*** Data under study

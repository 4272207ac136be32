-- ===== src/Firmware/Protocol/Wait.antt =====
-- `wait_for_flash_status_ok` in the protocol: only a status of 0 moves the device on.
use canopen_tools.Prelude.{
  ℕ, zero, suc, ◌+◌, ◌≡◌, ◌≢◌, refl, sym, ◌∙◌, inl, inr, Option, none, some, arith, ltb, Bool-cases,
}
use canopen_tools.Firmware.Device.{read_status, sleep, Env, M, attempt, perform, now}
use canopen_tools.Firmware.Protocol.{Stage, refused, flash_status}
use canopen_tools.Firmware.Protocol.Rules.{
  To, Leads, Tried, Leads-bind, Leads-weaken, Leads-perform, Leads-attempt, Leads-then, Leads-quiet,
}
use canopen_tools.Firmware.Flash.{until_end, poll, wait_loop, wait_for_flash_status_ok}

-- A stage that polls the flash status: a status other than 0 leaves it.
pub record CanPoll (s : Stage) : Type 0 where
  pub in_order : refused s (flash_status s 0) ≡ s
  pub busy : (n : ℕ) → n ≢ 0 → flash_status s n ≡ s

module _ (env : Env) (s : Stage) (E : Stage → Type 0) (can_poll : CanPoll s) (safe : E s) where
  -- The status that is returned, and what it made of the stage.
  abbrev pub Settled : ℕ → Stage → Type 0
  Settled n t = t ≡ flash_status s n

  until_end-Leads :
      (again : ℕ → M ℕ) (end_time status : ℕ)
      → status ≢ 0
      → ((n : ℕ) → n ≢ 0 → Leads s (To E Settled) (again n))
      → Leads s (To E Settled) (until_end env again end_time status)
  unfolding until_end
  until_end-Leads again end_time status busy later =
      Leads-then s s E Settled (now env) _ (λ l h. h)
        λ t. elim (Bool-cases (ltb end_time t)) [
          | inl over ↦ rw over (λ l h. h ∙ sym (can_poll.busy status busy))
          | inr early ↦ rw early (
              Leads-then s s E Settled (perform env sleep) _
                (Leads-quiet env sleep s E (λ n. refl) safe) (λ n. later status busy))
        ]

  poll-Leads :
      (again : ℕ → M ℕ) (end_time status : ℕ) (got : Option ℕ) (t : Stage)
      → status ≢ 0
      → ((n : ℕ) → n ≢ 0 → Leads s (To E Settled) (again n))
      → Tried (λ t. t ≡ s) Settled got t
      → Leads t (To E Settled) (poll env again end_time status got)
  unfolding poll
  poll-Leads again end_time status (some zero) t busy later e l h = h ∙ e
  poll-Leads again end_time status (some (suc n)) t busy later e l h =
      until_end-Leads again end_time (suc n) (λ x. omega arith) later l
        (h ∙ e ∙ can_poll.busy (suc n) (λ x. omega arith))
  poll-Leads again end_time status none t busy later e l h =
      until_end-Leads again end_time status busy later l (h ∙ e)

  wait_loop-Leads :
      (fuel end_time status : ℕ)
      → status ≢ 0
      → Leads s (To E Settled) (wait_loop env fuel end_time status)
  unfolding wait_loop
  wait_loop-Leads zero end_time status busy = λ l h. rw h safe
  wait_loop-Leads (suc fuel) end_time status busy =
      Leads-bind s E (Tried (λ t. t ≡ s) Settled) Settled (attempt (perform env read_status)) _ read
        (λ got t tried.
          poll-Leads (wait_loop env fuel end_time) end_time status got t busy
            (λ n h. wait_loop-Leads fuel end_time n h) tried)
    where
      read : Leads s (To E (Tried (λ t. t ≡ s) Settled)) (attempt (perform env read_status))
      read =
          Leads-weaken s (λ t. t ≡ s) E (Tried (λ t. t ≡ s) Settled) (Tried (λ t. t ≡ s) Settled)
            (attempt (perform env read_status)) (λ t e. rw e safe) (λ o t p. p)
            (Leads-attempt s (λ t. t ≡ s) Settled (perform env read_status)
              (Leads-perform env read_status s (λ t. t ≡ s) Settled (λ n. refl) can_poll.in_order))

  pub wait_for_flash_status_ok-Leads :
      (fuel timeout : ℕ) → Leads s (To E Settled) (wait_for_flash_status_ok env fuel timeout)
  unfolding wait_for_flash_status_ok
  wait_for_flash_status_ok-Leads fuel timeout =
      Leads-then s s E Settled (now env) _ (λ l h. h)
        (λ t. wait_loop-Leads fuel (t + timeout) 0xFFFFFFFF (λ x. omega arith))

******

Try it: Repeat the data verbatim.

Answer box:
repository 4272207ac136be32
-- ===== src/Firmware/Protocol/Wait.antt =====
-- `wait_for_flash_status_ok` in the protocol: only a status of 0 moves the device on.
use canopen_tools.Prelude.{
  ℕ, zero, suc, ◌+◌, ◌≡◌, ◌≢◌, refl, sym, ◌∙◌, inl, inr, Option, none, some, arith, ltb, Bool-cases,
}
use canopen_tools.Firmware.Device.{read_status, sleep, Env, M, attempt, perform, now}
use canopen_tools.Firmware.Protocol.{Stage, refused, flash_status}
use canopen_tools.Firmware.Protocol.Rules.{
  To, Leads, Tried, Leads-bind, Leads-weaken, Leads-perform, Leads-attempt, Leads-then, Leads-quiet,
}
use canopen_tools.Firmware.Flash.{until_end, poll, wait_loop, wait_for_flash_status_ok}

-- A stage that polls the flash status: a status other than 0 leaves it.
pub record CanPoll (s : Stage) : Type 0 where
  pub in_order : refused s (flash_status s 0) ≡ s
  pub busy : (n : ℕ) → n ≢ 0 → flash_status s n ≡ s

module _ (env : Env) (s : Stage) (E : Stage → Type 0) (can_poll : CanPoll s) (safe : E s) where
  -- The status that is returned, and what it made of the stage.
  abbrev pub Settled : ℕ → Stage → Type 0
  Settled n t = t ≡ flash_status s n

  until_end-Leads :
      (again : ℕ → M ℕ) (end_time status : ℕ)
      → status ≢ 0
      → ((n : ℕ) → n ≢ 0 → Leads s (To E Settled) (again n))
      → Leads s (To E Settled) (until_end env again end_time status)
  unfolding until_end
  until_end-Leads again end_time status busy later =
      Leads-then s s E Settled (now env) _ (λ l h. h)
        λ t. elim (Bool-cases (ltb end_time t)) [
          | inl over ↦ rw over (λ l h. h ∙ sym (can_poll.busy status busy))
          | inr early ↦ rw early (
              Leads-then s s E Settled (perform env sleep) _
                (Leads-quiet env sleep s E (λ n. refl) safe) (λ n. later status busy))
        ]

  poll-Leads :
      (again : ℕ → M ℕ) (end_time status : ℕ) (got : Option ℕ) (t : Stage)
      → status ≢ 0
      → ((n : ℕ) → n ≢ 0 → Leads s (To E Settled) (again n))
      → Tried (λ t. t ≡ s) Settled got t
      → Leads t (To E Settled) (poll env again end_time status got)
  unfolding poll
  poll-Leads again end_time status (some zero) t busy later e l h = h ∙ e
  poll-Leads again end_time status (some (suc n)) t busy later e l h =
      until_end-Leads again end_time (suc n) (λ x. omega arith) later l
        (h ∙ e ∙ can_poll.busy (suc n) (λ x. omega arith))
  poll-Leads again end_time status none t busy later e l h =
      until_end-Leads again end_time status busy later l (h ∙ e)

  wait_loop-Leads :
      (fuel end_time status : ℕ)
      → status ≢ 0
      → Leads s (To E Settled) (wait_loop env fuel end_time status)
  unfolding wait_loop
  wait_loop-Leads zero end_time status busy = λ l h. rw h safe
  wait_loop-Leads (suc fuel) end_time status busy =
      Leads-bind s E (Tried (λ t. t ≡ s) Settled) Settled (attempt (perform env read_status)) _ read
        (λ got t tried.
          poll-Leads (wait_loop env fuel end_time) end_time status got t busy
            (λ n h. wait_loop-Leads fuel end_time n h) tried)
    where
      read : Leads s (To E (Tried (λ t. t ≡ s) Settled)) (attempt (perform env read_status))
      read =
          Leads-weaken s (λ t. t ≡ s) E (Tried (λ t. t ≡ s) Settled) (Tried (λ t. t ≡ s) Settled)
            (attempt (perform env read_status)) (λ t e. rw e safe) (λ o t p. p)
            (Leads-attempt s (λ t. t ≡ s) Settled (perform env read_status)
              (Leads-perform env read_status s (λ t. t ≡ s) Settled (λ n. refl) can_poll.in_order))

  pub wait_for_flash_status_ok-Leads :
      (fuel timeout : ℕ) → Leads s (To E Settled) (wait_for_flash_status_ok env fuel timeout)
  unfolding wait_for_flash_status_ok
  wait_for_flash_status_ok-Leads fuel timeout =
      Leads-then s s E Settled (now env) _ (λ l h. h)
        (λ t. wait_loop-Leads fuel (t + timeout) 0xFFFFFFFF (λ x. omega arith))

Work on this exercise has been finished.